A. Algorithm time complexity
1. recursive accumulation i ~ j:
#include<stdio.h>
int fun(int k,int n){
if(n<=k){ //最后一个数
return k; //函数出口
}
else{
return fun(k,n-1)+n; //递归累加,将本次的n与n-1相加并继续计算
}
}
int main(){
int result = fun(1,100);
printf("%d",result);
return 0;
}
operation result:
return fun (k, n-1) + n; the frequency of execution of the statement is T (n).
Time complexity is O (N), the program returns as fun this function is added to the current from the n-n forward decrease until n <n at k = k plus returns the final result obtained.
2. Optimize the time complexity
C implemented using binary sort:
#include<stdio.h>
int a[101],n;
void quick_sort(int left,int right) {
int i , j, temp ,t;
if(left > right){
return;
}
temp = a[left]; //以第一个数为基准
i = left;
j = right;
while(i!=j){
while(a[j]>=temp && i<j){ //从后往前与temp比较
j--; //temp比不过a[j],前移一位继续与temp比较
}
while(a[i]<=temp && i<j){ //从前往后与temp比较
i++; //temp比a[i]大则与后一位继续比较
}
if(i<j){ //直到不满足以上条件了
//交换数组
t = a[i];
a[i] = a[j];
a[j] = t;
}
}
a[left] = a[i]; //将交换的这一个数组重新指定为临时变量
a[i] = temp; //将一开始的临时变量放到该位置
//以交换的位置为界分开处理,继续二分处理
quick_sort(left,i-1);
quick_sort(i+1,right);
return ;
}
int main(){
int i;
printf("输入总共多少个数据:\n");
scanf("%d",&n);
printf("输入准备排序的数据:\n");
for( i = 1;i <= n; i++){
scanf("%d",&a[i]);
}
quick_sort(1,n);
printf("快速排序后的数据:\n");
for( i = 1;i <= n; i++){
printf("%d ",a[i]);
}
}
Using dichotomy is possible to reduce the number of times of execution of the code to optimize the time complexity, the number of computations is: the ASL = {[(n-+. 1) / n-] Iog2 ^ * (n-+. 1)} -. 1 , so the time complexity of the program degree of O (log2N).

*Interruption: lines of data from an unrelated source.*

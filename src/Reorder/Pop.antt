-- ===== src/Reorder/Pop.antt =====
-- The loop of `_pop_ready` (discord/ext/native_voice/rtp.py): what it releases and what it leaves.
use discord_native_voice.Prelude.{
  ℕ, zero, suc, ◌+◌, ◌%◌, ◌≤◌, ◌≡◌, refl, min, false, none, some, List, [], ◌∷◌, length, ℕ-eq,
  arith, Option-cases, Bool-cases, nat_eq, inl, inr,
}
use mathlib.Core.Path.{subst}
use discord_native_voice.Prelude.Dict.{
  Dict, get, erase, IsUnique, IsUnique-erase, get-erase, length-erase,
}
use discord_native_voice.Rtp.{ReceivedVideoPacket, sequence}
use discord_native_voice.Reorder.{pop_loop, min_key}

-- Every stored packet has its own number's residue, in the half cycle from `lo` on.
abbrev pub Window : ℕ → Dict ℕ ReceivedVideoPacket → Type 0
Window lo d =
    (k : ℕ) (p : ReceivedVideoPacket)
    → get k d ≡ some p
    → (lo ≤ k) × (k ≤ lo + 0x7FFF) × (sequence p ≡ k % 65536)

-- The packets are those numbered `start`, `start + 1`, … by their 16-bit sequence numbers.
abbrev pub Consecutive : ℕ → List ReceivedVideoPacket → Type 0
Consecutive start [] = Unit
Consecutive start (p ∷ ps) = (sequence p ≡ start % 65536) × Consecutive (start + 1) ps

abbrev pub Popped :
    ℕ
    → Dict ℕ ReceivedVideoPacket
    → List ReceivedVideoPacket × ℕ × Dict ℕ ReceivedVideoPacket
    → Type 0
Popped e d (ready, stop, rest) =
    (stop ≡ e + length ready)
    × Consecutive e ready
    × IsUnique rest
    × Window stop rest
    × (get stop rest ≡ none)
    × (length rest + length ready ≡ length d)

Window-erase :
    (e : ℕ) (d : Dict ℕ ReceivedVideoPacket) → IsUnique d → Window e d → Window (e + 1) (erase e d)
Window-erase e d u w k p g = ground (arith, get-erase e k d u, w k p)

pub pop_loop-Popped :
    (rounds e : ℕ) (d : Dict ℕ ReceivedVideoPacket)
    → IsUnique d
    → Window e d
    → length d ≤ rounds
    → Popped e d (pop_loop rounds e d)
unfolding pop_loop get
pop_loop-Popped zero e [] u w h = (omega arith, tt, u, w, refl, refl)
pop_loop-Popped zero e (x ∷ d) u w h = elim h [ ]
pop_loop-Popped (suc rounds) e d u w h = elim (Option-cases (get e d)) [
  | inl missing ↦ rw (missing, pop_loop) (omega arith, tt, u, w, missing, omega arith)
  | inr (p, found) ↦
      let shorter = length-erase e p d found in
      let (stop_eq, ps, u', w', ends, sizes) =
        pop_loop-Popped rounds (e + 1) (erase e d) (IsUnique-erase e d u) (Window-erase e d u w)
          (omega arith) in
      rw (found, pop_loop) (omega arith, ((w e p found).2, ps), u', w', ends, omega arith)
]

-- A dictionary with an entry has a least key.
pub min_key_total :
    (d : Dict ℕ ReceivedVideoPacket) (k : ℕ) (p : ReceivedVideoPacket)
    → get k d ≡ some p
    → (m : ℕ) × (min_key d ≡ some m)
unfolding min_key get
min_key_total [] k p h = cc
min_key_total ((i, q) ∷ d) k p h = elim (Option-cases (min_key d)) [
  | inl empty ↦ (i, rw (empty, min_key) refl)
  | inr (n, least) ↦ (min i n, rw (least, min_key) refl)
]

min_key-none : (d : Dict ℕ ReceivedVideoPacket) → min_key d ≡ none → d ≡ []
unfolding min_key
min_key-none [] h = refl
min_key-none ((k, p) ∷ d) h = ground arith

-- The expected packet, if it is there, is the first to be released.
pub pop_loop_head :
    (e : ℕ) (p : ReceivedVideoPacket) (d : Dict ℕ ReceivedVideoPacket)
    → get e d ≡ some p
    → (ps : List ReceivedVideoPacket) × ((pop_loop (length d) e d).0 ≡ p ∷ ps)
unfolding pop_loop get
pop_loop_head e p [] found = cc
pop_loop_head e p (x ∷ d) found =
    ((pop_loop (length d) (e + 1) (erase e (x ∷ d))).0, rw (found, pop_loop) refl)

pub pop_loop_pos :
    (e : ℕ) (p : ReceivedVideoPacket) (d : Dict ℕ ReceivedVideoPacket)
    → get e d ≡ some p
    → 1 ≤ length (pop_loop (length d) e d).0
pop_loop_pos e p d found = let (ps, first) = pop_loop_head e p d found in rw first (omega arith)

-- No packet is lost or made, whatever the dictionary.
pub pop_loop_size :
    (rounds e : ℕ) (d : Dict ℕ ReceivedVideoPacket)
    → length (pop_loop rounds e d).2 + length (pop_loop rounds e d).0 ≡ length d
unfolding pop_loop
pop_loop_size zero e d = omega arith
pop_loop_size (suc rounds) e d = elim (Option-cases (get e d)) [
  | inl missing ↦ rw (missing, pop_loop) (omega arith)
  | inr (p, found) ↦
      rw (found, pop_loop)
        (omega (arith, pop_loop_size rounds (e + 1) (erase e d), length-erase e p d found))
]

-- If nothing was ready, nothing has changed.
pub pop_loop_nil :
    (rounds e : ℕ) (d : Dict ℕ ReceivedVideoPacket)
    → (pop_loop rounds e d).0 ≡ []
    → (pop_loop rounds e d).2 ≡ d
unfolding pop_loop
pop_loop_nil zero e d h = refl
pop_loop_nil (suc rounds) e d h = elim (Option-cases (get e d)) [
  | inl missing ↦ rw (missing, pop_loop) refl
  | inr (p, found) ↦ cc (rw (found, pop_loop) at h)
]

-- `min` of a dictionary is below each of its keys,
pub min_key-le :
    (d : Dict ℕ ReceivedVideoPacket) (m k : ℕ) (p : ReceivedVideoPacket)
    → min_key d ≡ some m
    → get k d ≡ some p
    → m ≤ k
unfolding min_key get
min_key-le [] m k p h g = cc
min_key-le ((i, q) ∷ d) m k p h g = elim (Option-cases (min_key d)) [
  | inl empty ↦ ground (arith, min_key-none d empty)
  | inr (n, least) ↦ ground (arith, min_key-le d n k p least)
]

min_other : (i n m : ℕ) → some (min i n) ≡ some m → nat_eq i m ≡ false → n ≡ m
min_other i n m h other = ground arith

-- and one of them.
pub get-min_key :
    (d : Dict ℕ ReceivedVideoPacket) (m : ℕ)
    → min_key d ≡ some m
    → (p : ReceivedVideoPacket) × (get m d ≡ some p)
unfolding min_key get
get-min_key [] m h = cc
get-min_key ((i, q) ∷ d) m h = elim (Option-cases (min_key d)) [
  | inl empty ↦ (q, ground arith)
  | inr (n, least) ↦
      let (p, found) = get-min_key d n least in
      elim (Bool-cases (nat_eq i m)) [
        | inl same ↦ (q, rw same refl)
        | inr other ↦
            let moved = min_other i n m (rw (least, min_key) at h) other in
            (p, rw other (subst (λ t. get t d ≡ some p) moved found))
      ]
]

Run the structure of its program as a tree structure:
3. The worst time complexity.
Bubble implement sorting:
#include <stdio.h>
int main(){
int a[10];
int i,j,temp=0;
printf("输入准备排序的数字:");
for(i = 0;i<10;i++){
scanf("%d",&a[i]);
}
for(i=0;i<9;i++){ //从a[0]开始与其他数组比较
for(j=0;j<10-i;j++){ // 排好的数组放在n-i位的后一位,所以不需要与这些数组比较
if(a[j+1]<a[j]){ //从小到大排序
temp=a[j];
a[j]=a[j+1];
a[j+1]=temp;
}
}
}
for(i=0;i<10;i++){
printf("%3d",a[i]);
}
return 0;
}
operation result:
From time to read out the operation time of 3.999s, the time complexity of the algorithm is the worst case i.e. n * n (n ^ 2).